10 Responses Post a comment
  1. February 24, 2011

    Este es un claro ejemplo de una etapa de la historia peruana en la que los derechos humanos fueron atropellados al maximo en nombre de la lucha en contra del terrorismo por un ex presidente que el dia de hoy esta enjuiciado y preso asi como las personas que un dia victoriosamente salio a las calles a proclamar su captura.. esto nos demuestra lo injusto que fue nuestro pais con quienes lucharon tal vez sin saverlo por derechos que consideraban justos deacuerdo a su punto de vista a un punto de vista el cual no se conocia nadie sabia la realidad de los poblados alejados de Lima que no tenian comida,trabajo o derechos civiles como de los que gozabamos los que tuvimos la suerte de vivir en la capital en aquellosa anos… desconocimos de la realidad de nuestro pais por muchos anos y tuvimos que pasar por situaciones extremas en lima para llegar a la conclusion que habian otros hombres y mujeres viviendo en condiciones infrahumanas y desesperados por ser considerados e incluidos dentro de la sociedad con igualdad.

  2. February 27, 2011

    Fujimori was effective, I guess, but like all other effective leaders, that comes with an iron fist.

  3. February 27, 2011

    This didn’t get much press I think, but the siege itself was similar to what Mishima did in Tokyo. Interesting read. Thanks for participating in the blog matsuri.

  4. September 26, 2011

    Wow, what an interesting piece of history. I can see that it would be a bit controversial, though, as you mention.

  5. October 14, 2011

    Wow indeed- that was a really good (researched) post. Loved it… as much as such a grisly tale can be liked.
    Cheers!

  6. Manolo permalink
    May 5, 2012

    Once it said Marxist Revolutionary Group for describing the MRTA I stopped reading the article…it should’ve start with …the Terrorist Group…then I would’ve continue.

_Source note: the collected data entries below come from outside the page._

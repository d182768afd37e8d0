-- ===== src/Anchoring.antt =====
-- services/anchoring: the requests to providers, the cadence of anchoring and the watch over what is
-- not anchored yet.
pub mod Token
pub mod Request
pub mod NoFabrication
pub mod Record
pub mod Identity
pub mod Cadence
pub mod Coordinator
pub mod Window
pub mod Overdue
mod Tests
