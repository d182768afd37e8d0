-- ===== src/Anchoring/Cadence.antt =====
-- `CadencePolicy` and `nextBackoffMs` of services/anchoring/src/retry-cadence.ts. Times are
-- milliseconds on the injected clock, counted from an origin before all of them, so that they are
-- natural numbers; a clock that runs backwards gives a negative age in the code, which reaches no
-- positive interval, and the age 0 here. A policy's `factor` is a whole number.
use external_database_audit.Base.{
  ℕ, ◌+◌, ◌-◌, ◌*◌, ◌^◌, ◌≤◌, ◌≡◌, ◌↔◌, ◌⊎◌, refl, sym, ap, subst, ◌∙◌, min, Bool, true, Option,
  none, some, List, [], ◌∷◌, leb, ltb, if◌then◌else◌, arith,
}
use external_database_audit.Base.Dict.{is_some}
use external_database_audit.Base.Result.{Result, ok, reject_if, ◌>>◌}

pub record CadenceConfig : Type 0 where
  pub max_events : ℕ
  pub max_interval_ms : ℕ

pub data CadenceError : Type 0 where
  max_events_below_one max_interval_not_positive : CadenceError

pub record CadencePolicy : Type 0 where
  pub config : CadenceConfig
  pub events : ℕ
  pub last_anchor_at : ℕ

pub data DueReason : Type 0 where
  by_events by_interval : DueReason

-- the constructor
unfoldable pub create : CadenceConfig → ℕ → Result CadenceError CadencePolicy
create config start_at = do
  reject_if (ltb config.max_events 1) max_events_below_one
  reject_if (leb config.max_interval_ms 0) max_interval_not_positive
  ok (record { config = config; events = 0; last_anchor_at = start_at })

unfoldable pub record_events : ℕ → CadencePolicy → CadencePolicy
record_events count p = record p { events = p.events + count }

unfoldable pub due_reason : ℕ → CadencePolicy → Option DueReason
due_reason now p =
    if leb p.config.max_events p.events
    then some by_events
    else if leb p.config.max_interval_ms (now - p.last_anchor_at)
    then some by_interval
    else none

unfoldable pub due : ℕ → CadencePolicy → Bool
due now p = is_some (due_reason now p)

unfoldable pub mark_anchored : ℕ → CadencePolicy → CadencePolicy
mark_anchored now p = record p { events = 0; last_anchor_at = now }

pub record RetryPolicy : Type 0 where
  pub max_attempts : ℕ
  pub base_delay_ms : ℕ
  pub max_delay_ms : ℕ
  pub factor : Option ℕ

abbrev factor_of : RetryPolicy → ℕ
factor_of p = elim p.factor [ none ↦ 2 | some f ↦ f ]

unfoldable pub next_backoff_ms : ℕ → RetryPolicy → ℕ
next_backoff_ms completed p = min p.max_delay_ms (p.base_delay_ms * factor_of p ^ completed)

-- what happens to a policy: sealed heads with their events, and anchorings at an instant
pub data Happening : Type 0 where
  sealed : ℕ → Happening
  anchored : ℕ → Happening

unfoldable pub step : Happening → CadencePolicy → CadencePolicy
unfolding record_events mark_anchored
step (sealed count) p = record_events count p
step (anchored now) p = mark_anchored now p

unfoldable pub run : List Happening → CadencePolicy → CadencePolicy
run [] p = p
run (h ∷ hs) p = run hs (step h p)

-- the events since the last anchoring, and its instant, read off the history
abbrev pub events_since : List Happening → ℕ → ℕ
events_since [] n = n
events_since (sealed count ∷ hs) n = events_since hs (n + count)
events_since (anchored now ∷ hs) n = events_since hs 0

abbrev pub last_anchoring : List Happening → ℕ → ℕ
last_anchoring [] t = t
last_anchoring (sealed count ∷ hs) t = last_anchoring hs t
last_anchoring (anchored now ∷ hs) t = last_anchoring hs now

run-fields :
    (hs : List Happening) (p : CadencePolicy)
    → run hs p ≡ record p {
      events = events_since hs p.events;
      last_anchor_at = last_anchoring hs p.last_anchor_at;
    }
unfolding run step record_events mark_anchored
run-fields [] p = refl
run-fields (sealed count ∷ hs) p = run-fields hs (record_events count p)
run-fields (anchored now ∷ hs) p = run-fields hs (mark_anchored now p)

due_iff :
    (now : ℕ) (p : CadencePolicy)
    → (due now p ≡ true)
      ↔ ((p.config.max_events ≤ p.events) ⊎ (p.config.max_interval_ms ≤ now - p.last_anchor_at))
unfolding due due_reason
due_iff now p = ground arith

create-eq-ok :
    (config : CadenceConfig) (start_at : ℕ) (p : CadencePolicy)
    → create config start_at ≡ ok p
    → record { config = config; events = 0; last_anchor_at = start_at } ≡ p
unfolding create
create-eq-ok config start_at p made = ground arith

-- After any history, anchoring is due exactly when the events sealed since the last anchoring reach
-- the limit or the time since it reaches the interval.
pub due-run :
    (config : CadenceConfig) (start_at now : ℕ) (p : CadencePolicy) (hs : List Happening)
    (made : create config start_at ≡ ok p)
    → (due now (run hs p) ≡ true) ↔ (
        (config.max_events ≤ events_since hs 0)
        ⊎ (config.max_interval_ms ≤ now - last_anchoring hs start_at))
due-run config start_at now p hs made =
    let fields : run hs p ≡ record {
      config = config;
      events = events_since hs 0;
      last_anchor_at = last_anchoring hs start_at;
    } =
      run-fields hs p
      ∙ ap
          (λ (q : CadencePolicy). record q {
            events = events_since hs q.events;
            last_anchor_at = last_anchoring hs q.last_anchor_at;
          })
          (sym (create-eq-ok config start_at p made)) in
    subst
      (λ q. (due now q ≡ true) ↔ (
        (config.max_events ≤ events_since hs 0)
        ⊎ (config.max_interval_ms ≤ now - last_anchoring hs start_at)))
      (sym fields) (due_iff now _)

    The action (the hostage taking) was the last of this Terrorist Group.

  7. April 6, 2013

    I was there. Along with 7 other Americans, I was taken hostage by the MRTA along with the other guests at Ambassador Aoki’s residence on December 17, 1996. All of the Americans were released 5 days later. Ambassador Aoki was a true hero as was Foreign Minister Tudela. They argued with the MRTA for humane treatment of the hostages. I will never forget the two of them on the staircase the night of December 22nd when most of the hostages were released — just before we left, Foreign Minister Tudela looked at us and said, “Feliz Navidad!” — Merry Christmas.

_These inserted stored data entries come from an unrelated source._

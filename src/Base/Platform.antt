-- ===== src/Base/Platform.antt =====
-- What the code takes from the JavaScript runtime and node:crypto, none of it in the repository:
-- Unicode normalisation, the escaping of a text by `JSON.stringify`, SHA-256 in lowercase hex, and
-- `Date.parse` in milliseconds from the earliest instant that a `Date` holds (`none` is NaN).
use Prim.Native.Nat.{ℕ}
use Prim.Native.String.{String}
use mathlib.Core.Option.{Option}

pub record Platform : Type 0 where
  pub nfc : String → String
  pub quote : String → String
  pub sha256_hex : String → String
  pub date_parse : String → Option ℕ
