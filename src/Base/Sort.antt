-- ===== src/Base/Sort.antt =====
-- `Array.prototype.sort`, a stable sort by a comparison: `before a b` says that the comparison of
-- `a` with `b` is negative or zero.
use mathlib.Core.Bool.{Bool}
use mathlib.Core.List.{List, [], ◌∷◌}
use external_database_audit.Base.Tests.{if◌then◌else◌}

module _ {ℓ} {A : Type ℓ} (before : A → A → Bool) where
  unfoldable pub insert : A → List A → List A
  insert a [] = a ∷ []
  insert a (b ∷ xs) = if before a b then a ∷ b ∷ xs else b ∷ insert a xs

  unfoldable pub sort : List A → List A
  unfolding insert
  sort [] = []
  sort (a ∷ xs) = insert a (sort xs)
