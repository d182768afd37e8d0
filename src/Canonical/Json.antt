-- ===== src/Canonical/Json.antt =====
-- packages/canonical/src/serialize.ts: the canonical form. A value of the model is what
-- JSON-like data can hold; `fractional` and `non_finite` stand for the numbers that are refused.
use external_database_audit.Base.{
  ℕ, ◌-◌, ◌^◌, String, Bool, true, false, List, [], ◌∷◌, ltb, str_eq, not, if◌then◌else◌,
}
use external_database_audit.Base.Lists.{any}
use external_database_audit.Base.Platform.{Platform}
use external_database_audit.Base.Result.{Result, ok, err, reject_if, ◌>>=◌, ◌>>◌}
use external_database_audit.Base.Sort.{sort}
use external_database_audit.Base.Text.{codes, codes_lt, decimal, join, ◌+++◌}

mutual
  pub data Json : Type 0 where
    null undefined : Json
    bool : Bool → Json
    num : (negative : Bool) → ℕ → Json
    fractional non_finite : Json
    bigint : (negative : Bool) → ℕ → Json
    str : String → Json
    arr : Items → Json
    obj : Members → Json

  pub data Items : Type 0 where
    nil : Items
    cons : Json → Items → Items

  pub data Members : Type 0 where
    end : Members
    member : String → Json → Members → Members

pub data CanonicalError : Type 0 where
  non_finite_number non_integer_number unsafe_integer unsupported_type : CanonicalError
  duplicate_key : String → CanonicalError
  invalid_token : String → CanonicalError

abbrev max_safe_integer : ℕ
max_safe_integer = 2 ^ 53 - 1

abbrev pub Written : Type 0
Written = Result CanonicalError String

-- `compareByCodePoint(a, b) <= 0` on the keys of two entries
abbrev pub key_before : String × Written → String × Written → Bool
key_before a b = not (codes_lt (codes b.0) (codes a.0))

-- `String(-0)` is `0`
abbrev signed : Bool → String → String
signed negative s = if negative then (if str_eq s "0" then s else "-" +++ s) else s

serialize_number : Bool → ℕ → Written
serialize_number negative n = do
  reject_if (ltb max_safe_integer n) unsafe_integer
  ok (signed negative (decimal n))

-- the first key that is there before, in the order of the entries
unfoldable pub check_duplicates :
    List String → List (String × Written) → Result CanonicalError (Unit {0})
check_duplicates seen [] = ok tt
check_duplicates seen ((k, v) ∷ entries) = do
  reject_if (any (λ j. str_eq j k) seen) (duplicate_key k)
  check_duplicates (k ∷ seen) entries

-- the values are written in the order of the sorted keys
unfoldable pub write_entries :
    (String → String) → List (String × Written) → Result CanonicalError (List String)
write_entries show [] = ok []
write_entries show ((k, v) ∷ entries) = do
  value ← v
  rest ← write_entries show entries
  ok ((show k +++ ":" +++ value) ∷ rest)

unfoldable pub write_object : (String → String) → List (String × Written) → Written
unfolding check_duplicates write_entries
write_object show entries = do
  check_duplicates [] entries
  parts ← write_entries show (sort key_before entries)
  ok ("{" +++ join "," parts +++ "}")

module _ (js : Platform) where
  open js use {nfc, quote}

  abbrev pub quoted : String → String
  quoted s = quote (nfc s)

  unfoldable mutual
    unfolding serialize_number write_object

    pub write : Json → Written
    write null = ok "null"
    write undefined = err unsupported_type
    write (bool true) = ok "true"
    write (bool false) = ok "false"
    write (num negative n) = serialize_number negative n
    write fractional = err non_integer_number
    write non_finite = err non_finite_number
    write (bigint negative n) = ok (signed negative (decimal n))
    write (str s) = ok (quoted s)
    write (arr xs) = do parts ← write_items xs; ok ("[" +++ join "," parts +++ "]")
    write (obj ms) = write_object quoted (write_members ms)

    pub write_items : Items → Result CanonicalError (List String)
    write_items nil = ok []
    write_items (cons x xs) = do s ← write x; rest ← write_items xs; ok (s ∷ rest)

    -- the entries in their order, each key normalised and each value written; `undefined` is dropped
    pub write_members : Members → List (String × Written)
    write_members end = []
    write_members (member k undefined ms) = write_members ms
    write_members (member k v ms) = (nfc k, write v) ∷ write_members ms

  unfoldable pub serialize_canonical : Json → Written
  unfolding write
  serialize_canonical v = write v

    I also remember the first night when “El Arabe” — Rolli Rojas stood on the same staircase and began reading out names from the invitation list in order to separate the hostages. I was called upstairs and began five days in Room F with other diplomats. The room had been the Aoki’s breakfast room and I found a spot under a table in the corner and lay there on the floor.

  8. Walter Lewelt permalink
    October 26, 2014

    It happened the same day I landed in Lima. I was picked up by family member and on purpose driven as close as possible to the embassy surrounded by soldiers and tanks. That place was on our way home. Next months went on reading the daily news. Public was rather disappointed in , what happened to look like complete lack of action. We did not know that during that time a perfect copy of the buildings was erected in the military base and special commando was training daily (often in total darkness) so at the end they new every inch of those buildings. I think it was an unprecedented action. Those that are upset by the fact that all the terrorists were killed, probably would think differently if they were among the hostages.